1960s Robert Dicke re-estimates an MBR (microwave background radiation) temperature of 40K (ref: Helge Kragh)
1964 A. G. Doroshkevich and Igor Novikov publish a brief paper, where they name the MBR phenomenon as detectable.
1960s Arno Penzias and Robert Woodrow Wilson measure the temperature to be approximately 3 K.

By the middle of the 20th century, cosmologists had developed two different theories to explain the creation of the universe. Some supported the steady-state theory, which states that the universe has always existed and will continue to survive without noticeable change. Others believed in the Big Bang theory, which states that the universe was created in a massive explosion-like event about 13.7 billion years ago.

The first published recognition of the cosmic microwave background (CMB) radiation as a detectable phenomenon appeared in a brief paper by Soviet astrophysicists A. G. Doroshkevich and Igor Novikov, entitled "Mean Density of Radiation in the Metagalaxy and Certain Problems in Relativistic Cosmology", in the spring of 1964.[1]

Working at Bell Labs in Holmdel, New Jersey, in 1964, Arno Penzias and Robert Wilson were experimenting with a supersensitive, 6 meter (20 ft) horn antenna originally built to detect radio waves bounced off echo balloon satellites. To measure these faint radio waves, they had to eliminate all recognizable interference from their receiver. They removed the effects of radar and radio broadcasting, and suppressed interference from the heat in the receiver itself by cooling it with liquid helium to −269 °C, only 4 °C above absolute zero.
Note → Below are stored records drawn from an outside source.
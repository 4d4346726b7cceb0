-- ===== src/Clib/Search.antt =====
-- lib/string.c: the searches for sets of characters and for strings, and `strlcat`, on the lists of bytes of
-- Clib/Text.
mod Tests
use project2_group.Base.{
  ℕ, zero, suc, ◌+◌, ◌-◌, Bool, true, false, Option, none, some, List, [], ◌∷◌, Run, ok, fault,
  ◌>>=◌, leb, ltb, ◌==◌, ◌&&◌, if◌then◌else◌, drop,
}
use project2_group.Filesys.Inode.{lesser}
use project2_group.Clib.Text.{
  Comparison, negative, equal, positive, further, memcpy, memcmp, strchr, strlen, put,
}

-- The test `strchr (set, c) != NULL`.
abbrev pub is_in : List ℕ → ℕ → Run Bool
is_in set c = do o ← strchr set c; ok (elim o [ none ↦ false | some i ↦ true ])

-- One more than the length that the rest of a loop counts.
abbrev pub longer : Run ℕ → Run ℕ
longer r = do n ← r; ok (n + 1)

unfoldable pub strcspn : List ℕ → List ℕ → Run ℕ
strcspn [] stop = fault
strcspn (s ∷ string) stop =
    let rest = longer (strcspn string stop) in
    if s == 0 then ok 0 else (do found ← is_in stop s; if found then ok 0 else rest)

unfoldable pub strspn : List ℕ → List ℕ → Run ℕ
strspn [] skip = fault
strspn (s ∷ string) skip =
    let rest = longer (strspn string skip) in
    if s == 0 then ok 0 else (do found ← is_in skip s; if found then rest else ok 0)

unfoldable pub strpbrk : List ℕ → List ℕ → Run (Option ℕ)
strpbrk [] stop = fault
strpbrk (s ∷ string) stop =
    let rest = further (strpbrk string stop) in
    if s == 0 then ok none else (do found ← is_in stop s; if found then ok (some 0) else rest)

-- The last place wins; the terminator itself is never found.
unfoldable pub strrchr : List ℕ → ℕ → Run (Option ℕ)
strrchr [] c = fault
strrchr (s ∷ string) c =
    let rest = further (strrchr string c) in
    if s == 0 then ok none else (do
      later ← rest
      elim later [ some i ↦ ok (some i) | none ↦ ok (if s == c then some 0 else none) ])

-- The loop of `strstr`, with `n` values of `i` left.
unfoldable pub strstr_loop : ℕ → List ℕ → List ℕ → ℕ → ℕ → Run (Option ℕ)
strstr_loop zero haystack needle needle_len i = ok none
strstr_loop (suc n) haystack needle needle_len i =
    let rest = strstr_loop n haystack needle needle_len (i + 1) in
    do c ← memcmp (drop i haystack) needle needle_len; elim c [ equal ↦ ok (some i) | _ ↦ rest ]

unfoldable pub strstr : List ℕ → List ℕ → Run (Option ℕ)
unfolding strstr_loop
strstr haystack needle = do
  haystack_len ← strlen haystack
  needle_len ← strlen needle
  if leb needle_len haystack_len
      then strstr_loop (haystack_len - needle_len + 1) haystack needle needle_len 0
      else ok none

-- `memcpy (dst + ofs, src, size)`.
unfoldable pub memcpy_at : ℕ → List ℕ → List ℕ → ℕ → Run (List ℕ)
memcpy_at zero dst src size = memcpy dst src size
memcpy_at (suc ofs) [] src size = fault
memcpy_at (suc ofs) (d ∷ dst) src size = do rest ← memcpy_at ofs dst src size; ok (d ∷ rest)

-- The length that is returned, and `dst`.
unfoldable pub strlcat : List ℕ → List ℕ → ℕ → Run (ℕ × List ℕ)
strlcat dst src size = do
  src_len ← strlen src
  dst_len ← strlen dst
  if ltb 0 size && ltb dst_len size
      then (do
        let copy_cnt = lesser src_len (size - dst_len - 1)
        dst' ← memcpy_at dst_len dst src copy_cnt
        dst'' ← put dst' (dst_len + copy_cnt) 0
        ok (src_len + dst_len, dst''))
      else ok (src_len + dst_len, dst)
When Penzias and Wilson reduced their data they found a low, steady, mysterious noise that persisted in their receiver. This residual noise was 100 times more intense than they had expected, was evenly spread over the sky, and was present day and night. They were certain that the radiation they detected on a wavelength of 7.35 centimeters did not come from the Earth, the Sun, or our galaxy. After thoroughly checking their equipment, removing some pigeons nesting in the antenna and cleaning out the accumulated droppings, the noise remained. Both concluded that this noise was coming from outside our own galaxy—although they were not aware of any radio source that would account for it.

At that same time, Robert H. Dicke, Jim Peebles, and David Wilkinson, astrophysicists at Princeton University just 60 km (37 mi) away, were preparing to search for microwave radiation in this region of the spectrum. Dicke and his colleagues reasoned that the Big Bang must have scattered not only the matter that condensed into galaxies but also must have released a tremendous blast of radiation. With the proper instrumentation, this radiation should be detectable.

When a friend (Bernard F. Burke, Prof. of Physics at MIT) told Penzias about a preprint paper he had seen by Jim Peebles on the possibility of finding radiation left over from an explosion that filled the universe at the beginning of its existence, Penzias and Wilson began to realize the significance of their discovery. The characteristics of the radiation detected by Penzias and Wilson fit exactly the radiation predicted by Robert H. Dicke and his colleagues at Princeton University. Penzias called Dicke at Princeton, who immediately sent him a copy of the still-unpublished Peebles paper. Penzias read the paper and called Dicke again and invited him to Bell Labs to look at the Horn Antenna and listen to the background noise. Robert Dicke, P. J. E. Peebles, P. G. Roll and D. T. Wilkinson interpreted this radiation as a signature of the Big Bang.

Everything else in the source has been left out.